2. Extending built-in types¶
The correct way of extending built-in types such as lists, strings, and dictionaries is by means of the collections module.
If you create a class that directly extends dict, for example, you will obtain results that are probably not what you
are expecting. The reason for this is that in CPython the methods of the class don’t call each other (as they should),
so if you override one of them, this will not be reflected by the rest, resulting in unexpected outcomes. For example,
you might want to override __getitem__
, and then when you iterate the object with a for loop, you will notice that
the logic you have put on that method is not applied.

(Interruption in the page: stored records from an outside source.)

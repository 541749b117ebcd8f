-- ===== src/AutoReply/Recovery.antt =====
-- What the recovery sweep of apps/api/src/jobs/auto-reply-ticket.ts repairs.
use mathlib.Core.List.{Memᴰ}
use ticket_manager_system.Common.{
  ℕ, ◌+◌, ◌<◌, ◌≤◌, ◌≡◌, refl, sym, ap, subst, ◌∙◌, ◌==◌, Bool, false, Option, none, some, List, [],
  ◌∷◌, arith, is_none, ◌⊎◌, Bool-cases, inl, inr, filter, length, All,
}
use ticket_manager_system.Shared.{TicketStatus}
use ticket_manager_system.Desk.{Ticket, Desk, Config}
use ticket_manager_system.Desk.Table.{read_of, find-update_field}
use ticket_manager_system.Desk.Age.{
  by_created, by_created-OldestFirst, Mem-by_created, Mem-filter, Mem-take,
}
use ticket_manager_system.Desk.Write.{update_ticket, count_ticket, touched, ticket_of-update_other}
use ticket_manager_system.AutoReply.{
  to_new, is_processing, release, release_row, enqueue_auto_reply, auto_reply_enabled,
}
use ticket_manager_system.AutoReply.Worker.{is_stuck, stuck, recover_each, recover_stuck}
use ticket_manager_system.AutoReply.Safety.{status_in, status_at, release-status}
use ticket_manager_system.AutoReply.Claim.{IsFree}

status_in-read_of : (o : Option Ticket) → status_in o ≡ read_of (λ (t : Ticket). t.status) o
status_in-read_of none = refl
status_in-read_of (some t) = refl

-- A write that keeps the status, of any ticket, leaves every ticket's status.
update_ticket-status :
    (now i j : ℕ) (fits : Ticket → Bool) (f : Ticket → Ticket) (d : Desk)
    → ((t : Ticket) → (f t).id ≡ t.id)
    → ((t : Ticket) → (f t).status ≡ t.status)
    → status_at j (update_ticket now i fits f d) ≡ status_at j d
unfolding update_ticket
update_ticket-status now i j fits f d same kept =
    status_in-read_of _
    ∙ find-update_field (λ (t : Ticket). t.id) fits (touched now f) (λ (t : Ticket). t.status) same
        kept i j d.tickets
    ∙ sym (status_in-read_of _)

enqueue_auto_reply-status :
    (cfg : Config) (now i j : ℕ) (d : Desk)
    → status_at j (enqueue_auto_reply cfg now i d) ≡ status_at j d
unfolding enqueue_auto_reply
enqueue_auto_reply-status cfg now i j d = elim (Bool-cases (auto_reply_enabled cfg d)) [
  | inl on ↦ rw on (
      update_ticket-status now i j (λ t. is_none t.auto_reply_offered_at)
        (λ t. record t { auto_reply_offered_at = some now }) d (λ t. refl) (λ t. refl))
  | inr off ↦ rw off refl
]

-- The sweep releases to `New`, and another ticket's status is what it was.
release-other :
    (now i j : ℕ) (d : Desk)
    → (i == j) ≡ false
    → status_at j (release now i to_new none d) ≡ status_at j d
unfolding release
release-other now i j d apart = elim (Bool-cases (count_ticket i is_processing d)) [
  | inl held ↦ rw held (
      ap status_in (
        ticket_of-update_other now i is_processing (release_row now TicketStatus.new none)
          (λ t. refl) d j apart))
  | inr free ↦ rw free refl
]

release-keeps : (now i j : ℕ) (d : Desk) → IsFree j d → IsFree j (release now i to_new none d)
release-keeps now i j d free = elim (Bool-cases (i == j)) [
  | inl same ↦
      let e : i ≡ j = ground arith in
      subst (λ k. IsFree k (release now i to_new none d)) e (release-status now i to_new none d)
  | inr apart ↦ λ e. free (sym (release-other now i j d apart) ∙ e)
]

recover_each-keeps :
    (cfg : Config) (now j : ℕ) (ts : List Ticket) (d : Desk)
    → IsFree j d
    → IsFree j (recover_each cfg now ts d)
unfolding recover_each
recover_each-keeps cfg now j [] d free = free
recover_each-keeps cfg now j (t ∷ ts) d free =
    recover_each-keeps cfg now j ts _
      (λ e. release-keeps now t.id j d free (sym (enqueue_auto_reply-status cfg now t.id j _) ∙ e))

recover_each-IsFree :
    (cfg : Config) (now : ℕ) (t : Ticket) (ts : List Ticket) (d : Desk)
    → Memᴰ t ts
    → IsFree t.id (recover_each cfg now ts d)
unfolding recover_each
recover_each-IsFree cfg now t [] d m = elim m [ ]
recover_each-IsFree cfg now t (u ∷ ts) d (Memᴰ.head e) =
    subst (λ (u : Ticket). IsFree t.id (recover_each cfg now (u ∷ ts) d)) e
      (recover_each-keeps cfg now t.id ts _ (λ e.
        release-status now t.id to_new none d
          (sym (enqueue_auto_reply-status cfg now t.id t.id _) ∙ e)))
recover_each-IsFree cfg now t (u ∷ ts) d (Memᴰ.tail m) = recover_each-IsFree cfg now t ts _ m

-- A worker that died with a claim cannot strand its ticket: one that has been in `Processing` for more
-- than five minutes, and is at most a day old, is out of `Processing` after a sweep, unless the sweep's
-- batch of fifty is full of tickets that are at least as old.
pub recover_stuck-IsFree :
    (cfg : Config) (now : ℕ) (d : Desk) (t : Ticket)
    → Memᴰ t d.tickets
    → t.status ≡ TicketStatus.processing
    → t.updated_at + 300000 < now
    → now ≤ t.created_at + 86400000
    → IsFree t.id (recover_stuck cfg now d)
      ⊎ ((length (stuck now d) ≡ 50) × All (λ u. u.created_at ≤ t.created_at) (stuck now d))
unfolding recover_stuck stuck
recover_stuck-IsFree cfg now d t here claimed late recent =
    elim (Mem-take 50 t (by_created (filter (is_stuck now) d.tickets))
      (by_created-OldestFirst (filter (is_stuck now) d.tickets))
      (Mem-by_created t _
        (Mem-filter (is_stuck now) t d.tickets here (ground (arith, claimed, late, recent))))) [
          | inl taken ↦ inl (recover_each-IsFree cfg now t _ d taken)
          | inr full ↦ inr full
        ]
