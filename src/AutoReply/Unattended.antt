-- ===== src/AutoReply/Unattended.antt =====
-- What goes to a customer with nobody reading it first: the handler of
-- apps/api/src/jobs/auto-reply-ticket.ts over the answers of apps/api/src/ai/auto-reply.ts.
use ticket_manager_system.Common.{ℕ, String, ◌≡◌, Option, some, List}
use ticket_manager_system.Desk.{Ticket, Article, Desk}
use ticket_manager_system.Desk.Write.{ticket_of, update_ticket, thread_of}
use ticket_manager_system.Evals.{AiUsage}
use ticket_manager_system.AutoReply.{auto_reply_articles}
use ticket_manager_system.AutoReply.Worker.{Answer, opening_text, claim, overtaken, handle}
use ticket_manager_system.AutoReply.Gated.{
  Outcome, Mailed-map, on_mailed, read_desk, write_desk, handle-Mailed,
}
use ticket_manager_system.AutoReply.Drafting.{Context, ModelAnswer, Generated, object, auto_reply}
use ticket_manager_system.AutoReply.Grounded.{IsGrounded, auto_reply-IsGrounded}

module _ (lowered uppered : String → String)
    (compose_reply : String → List String → List String → Option String)
    (references_in : String → List String) (generate : List Article → Context → Generated) where
  -- `autoReply`, as the handler calls it.
  abbrev pub drafted : List Article → String → Option String → String → Answer
  drafted articles subject text name =
      (auto_reply lowered uppered compose_reply references_in generate articles
        (record { subject = subject; text = text; customer_name = name })).0

  module _ (between : Desk → Desk) (fresh_id : String) (now i : ℕ) (meanwhile : Desk → Desk) where
    -- What the provider is asked about a ticket.
    abbrev pub asked : Desk → Ticket → Context
    asked d t = record {
      subject = t.subject;
      text = opening_text (thread_of i d);
      customer_name = t.customer_name;
    }

    -- A text, and the articles that its message keeps as cited, that the provider's answer to the
    -- claimed ticket gave, out of the articles that the desk had.
    abbrev pub IsBacked : Desk → String → List String → Type 0
    IsBacked d text ids =
        (t : Ticket) × ((ticket_of i (claim now i d) ≡ some t)
          × ((answer : ModelAnswer) × ((usage : Option AiUsage) × ((generate (auto_reply_articles d)
                      (asked (claim now i d) t)
                    ≡ object answer usage)
                  × IsGrounded lowered uppered compose_reply references_in (auto_reply_articles d)
                      (asked (claim now i d) t) answer text ids))))

    -- No email leaves unattended that is not backed: whatever the provider returns and others do,
    -- an email that the handler puts in the outbox goes to the customer of its ticket, which no gate
    -- declines; its text is the provider's answer to the ticket as it was claimed, and promises and
    -- links nothing that the articles it cites do not have. Those are the articles that its message
    -- keeps as cited, one at least, and each of them is named in that answer and is among those that
    -- the desk had for it.
    pub handle-IsBacked :
        (d : Desk)
        → Outcome
            (IsBacked d)
            i
            d
            (read_desk between fresh_id now i drafted meanwhile d)
            (write_desk between fresh_id now i drafted meanwhile d)
            (overtaken between fresh_id now i
              (ticket_of i (read_desk between fresh_id now i drafted meanwhile d))
              (read_desk between fresh_id now i drafted meanwhile d))
            (handle between fresh_id now i drafted meanwhile d).0
    unfolding update_ticket
    handle-IsBacked d =
        on_mailed
          (Mailed-map (λ text ids (t, found, answer). (
            t,
            (
              found,
              auto_reply-IsGrounded lowered uppered compose_reply references_in generate _ _ text
                  ids answer,
            ),
          )))
          (handle-Mailed between fresh_id now i drafted meanwhile d)
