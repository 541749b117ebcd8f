-- ===== src/Automation/Frame.antt =====
-- What the resolvers of apps/api/src/automation.ts read, of the desk.
use ticket_manager_system.Common.{ℕ, ◌≡◌, refl, ap, ap₂, ◌∙◌, Option, none, some}
use ticket_manager_system.Shared.{HandoffTarget}
use ticket_manager_system.Desk.{User, HandoffRow, Desk}
use ticket_manager_system.Automation.{
  user_of, user_named, settings_of, live_or, resolve, longest_serving_admin, read_handoff_settings,
  resolve_handoff_user, assistant_user, first_user, is_serving_admin, is_assistant,
}
use ticket_manager_system.Desk.Table.{find}

module _ (d e : Desk) (same : e.users ≡ d.users) where
  longest_serving_admin-same : longest_serving_admin e ≡ longest_serving_admin d
  unfolding longest_serving_admin
  longest_serving_admin-same = ap (first_user is_serving_admin) same

  user_of-same : (i : ℕ) → user_of i e ≡ user_of i d
  user_of-same i = ap (find (λ (u : User). u.id) i) same

  pub assistant_user-same : assistant_user e ≡ assistant_user d
  unfolding assistant_user
  assistant_user-same = ap (first_user is_assistant) same

  resolve-same : (t : HandoffTarget) (u : Option User) → resolve t u e ≡ resolve t u d
  resolve-same HandoffTarget.unassigned u = refl
  resolve-same HandoffTarget.admin u = longest_serving_admin-same
  resolve-same HandoffTarget.user none = longest_serving_admin-same
  resolve-same HandoffTarget.user (some u) =
      ap₂ live_or (user_of-same u.id) longest_serving_admin-same

  settings_of-same : (row : Option HandoffRow) → settings_of row e ≡ settings_of row d
  settings_of-same none = refl
  settings_of-same (some row) = rw (user_named-same row.handoff_user_id) refl
    where
      user_named-same : (i : Option ℕ) → user_named i e ≡ user_named i d
      user_named-same none = refl
      user_named-same (some i) = user_of-same i

  read_handoff_settings-same :
      e.settings ≡ d.settings → read_handoff_settings e ≡ read_handoff_settings d
  unfolding read_handoff_settings
  read_handoff_settings-same kept = ap (λ s. settings_of s e) kept ∙ settings_of-same d.settings

  pub resolve_handoff_user-same :
      e.settings ≡ d.settings → resolve_handoff_user e ≡ resolve_handoff_user d
  unfolding resolve_handoff_user
  resolve_handoff_user-same kept =
      resolve-same (read_handoff_settings e).target (read_handoff_settings e).user
      ∙ ap (λ s. resolve s.target s.user d) (read_handoff_settings-same kept)
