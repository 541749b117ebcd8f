-- ===== src/Automation/Owner.antt =====
-- Whom apps/api/src/automation.ts can name.
use mathlib.Core.Option.{some-injective}
use ticket_manager_system.Common.{
  ◌≡◌, subst, sym, Bool, if◌then◌else◌, ◌⊎◌, inl, inr, ◌↔◌, true, false, none, some, List, [], ◌∷◌,
  arith, Bool-cases, Option-cases, All,
}
use ticket_manager_system.Shared.{HandoffTarget}
use ticket_manager_system.Desk.{User, Desk}
use ticket_manager_system.Automation.{
  older, elder, first_user, is_assignable, is_serving_admin, longest_serving_admin,
  read_handoff_settings, resolve_handoff_user, HandoffSide, handoff_change, side_id,
}

first_user-fits :
    (fits : User → Bool) (us : List User) (u : User) → first_user fits us ≡ some u → fits u ≡ true
unfolding first_user
first_user-fits fits [] u e = cc
first_user-fits fits (v ∷ us) u e = ground (arith, first_user-fits fits us u)

older_then : (x v w : User) → older x w ≡ false → older w v ≡ false → older x v ≡ false
older_then x v w h k = ground arith

older_asym : (v w : User) → older w v ≡ true → older v w ≡ false
older_asym v w h = ground arith

older_irrefl : (u : User) → older u u ≡ false
older_irrefl u = ground arith

-- Nobody in the list who fits is older than `w`.
abbrev pub NoneOlder : (User → Bool) → User → List User → Type 0
NoneOlder fits w = All (λ v. fits v ≡ true → older v w ≡ false)

NoneOlder-mono :
    (fits : User → Bool) (v w : User) (us : List User)
    → older w v ≡ false
    → NoneOlder fits w us
    → NoneOlder fits v us
NoneOlder-mono fits v w [] h n = tt
NoneOlder-mono fits v w (x ∷ us) h n =
    (λ f. older_then x v w (n.0 f) h, NoneOlder-mono fits v w us h n.1)

Nobody-NoneOlder :
    (fits : User → Bool) (w : User) (us : List User)
    → first_user fits us ≡ none
    → NoneOlder fits w us
unfolding first_user
Nobody-NoneOlder fits w [] e = tt
Nobody-NoneOlder fits w (v ∷ us) e = elim (Bool-cases (fits v)) [
  | inl f ↦ absurd (cc (rw f at e))
  | inr f ↦ (λ g. absurd (cc), Nobody-NoneOlder fits w us (rw f at e))
]

elder-NoneOlder :
    (fits : User → Bool) (v w : User) (us : List User)
    → NoneOlder fits w us
    → NoneOlder fits (elder v (some w)) (v ∷ us)
elder-NoneOlder fits v w us n = elim (Bool-cases (older w v)) [
  | inl first ↦
      subst (λ (b : Bool). NoneOlder fits (if b then w else v) (v ∷ us)) (sym first)
        (λ _. older_asym v w first, n)
  | inr later ↦
      subst (λ (b : Bool). NoneOlder fits (if b then w else v) (v ∷ us)) (sym later)
        (λ _. older_irrefl v, NoneOlder-mono fits v w us later n)
]

pub first_user-NoneOlder :
    (fits : User → Bool) (us : List User) (u : User)
    → first_user fits us ≡ some u
    → NoneOlder fits u us
unfolding first_user
first_user-NoneOlder fits [] u e = tt
first_user-NoneOlder fits (v ∷ us) u e = elim (Bool-cases (fits v)) [
  | inl f ↦ elim (Option-cases (first_user fits us)) [
    | inl alone ↦
        let same : v ≡ u = ground arith in
        subst (λ x. NoneOlder fits x (v ∷ us)) same
          (λ _. older_irrefl v, Nobody-NoneOlder fits v us alone)
    | inr (w, found) ↦
        let named : elder v (some w) ≡ u = some-injective _ _ (rw found at (rw f at e)) in
        subst (λ x. NoneOlder fits x (v ∷ us)) named
          (elder-NoneOlder fits v w us (first_user-NoneOlder fits us w found))
  ]
  | inr f ↦ (λ g. absurd (cc), first_user-NoneOlder fits us u (rw f at e))
]

-- Who a handoff may name: a serving admin, or a person the setting asks for who is assignable.
abbrev pub IsNamed : Desk → User → Type 0
IsNamed d u =
    (is_serving_admin u ≡ true)
    ⊎ ((is_assignable u ≡ true) × ((read_handoff_settings d).target ≡ HandoffTarget.user))

-- A ticket that is handed back goes to a serving admin, to the person that the setting names where
-- a ticket may be assigned to them, or to nobody; so never to a deleted account nor the assistant.
pub resolve_handoff_user-IsNamed :
    (d : Desk) (u : User)
    → resolve_handoff_user d ≡ some u
    → IsNamed d u × (u.deleted_at ≡ none) × (u.automated ≡ false)
unfolding resolve_handoff_user longest_serving_admin
resolve_handoff_user-IsNamed d u e = ground (arith, first_user-fits is_serving_admin d.users u)

-- Where the setting asks for an admin, whoever takes the ticket is a serving admin, and no serving
-- admin is their elder.
pub resolve_handoff_user-eldest :
    (d : Desk) (u : User)
    → (read_handoff_settings d).target ≡ HandoffTarget.admin
    → resolve_handoff_user d ≡ some u
    → (is_serving_admin u ≡ true) × NoneOlder is_serving_admin u d.users
unfolding resolve_handoff_user longest_serving_admin
resolve_handoff_user-eldest d u t e =
    let found : first_user is_serving_admin d.users ≡ some u = ground arith in
    (
      first_user-fits is_serving_admin d.users u found,
      first_user-NoneOlder is_serving_admin d.users u found,
    )

-- A change of the setting is recorded exactly when the target or the person named has changed.
pub handoff_change_iff :
    (before after : HandoffSide)
    → (handoff_change before after ≡ none)
      ↔ ((before.target ≡ after.target) × (side_id before.user ≡ side_id after.user))
unfolding handoff_change
handoff_change_iff before after = (λ e. ground arith, λ p. ground arith)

This is all solved by using collections.UserDict
, for example, which provides a transparent interface to actual
dictionaries, and is more robust.
Let’s say we want a list that was originally created from numbers to convert the values to strings, adding a prefix. The first approach might look like it solves the problem, but it is erroneous:
class BadList(list):
def __getitem__(self, index):
value = super().__getitem__(index)
if index % 2 == 0:
prefix = "even"
else:
prefix = "odd"
return f"[{prefix}] {value}"
At first sight, it looks like the object behaves as we want it to. But then, if we try to iterate it (after all, it is a list), we find that we don’t get what we wanted:
>>> bl = BadList((0, 1, 2, 3, 4, 5))
>>> bl[0]
'[even] 0'
>>> bl[1]
'[odd] 1'
>>> "".join(bl)
Traceback (most recent call last):
...
TypeError: sequence item 0: expected str instance, int found
The join function will try to iterate (run a for loop over) the list, but expects values of type string. This should work because it is exactly the type of change we made to the list, but apparently when the list is being iterated, our changed version of the __getitem__ is not being called.
This issue is actually an implementation detail of CPython (a C optimization), and in other platforms such as PyPy it doesn’t happen. Regardless of this, we should write code that is portable and compatible in all implementations, so we will fix it by extending not from list but from UserList:
from collections import UserList
class GoodList(UserList):
def __getitem__(self, index):
value = super().__getitem__(index)
if index % 2 == 0:
prefix = "even"
else:
prefix = "odd"
return f"[{prefix}] {value}"
And now things look much better:
>>> gl = GoodList((0, 1, 2))
>>> gl[0]
'[even] 0'
>>> gl[1]
'[odd] 1'
>>> "; ".join(gl)
'[even] 0; [odd] 1; [even] 2'
Note
Don’t extend directly from dict
, use collections.UserDict
instead. For lists, use collections.UserList
, and
for strings, use collections.UserString
.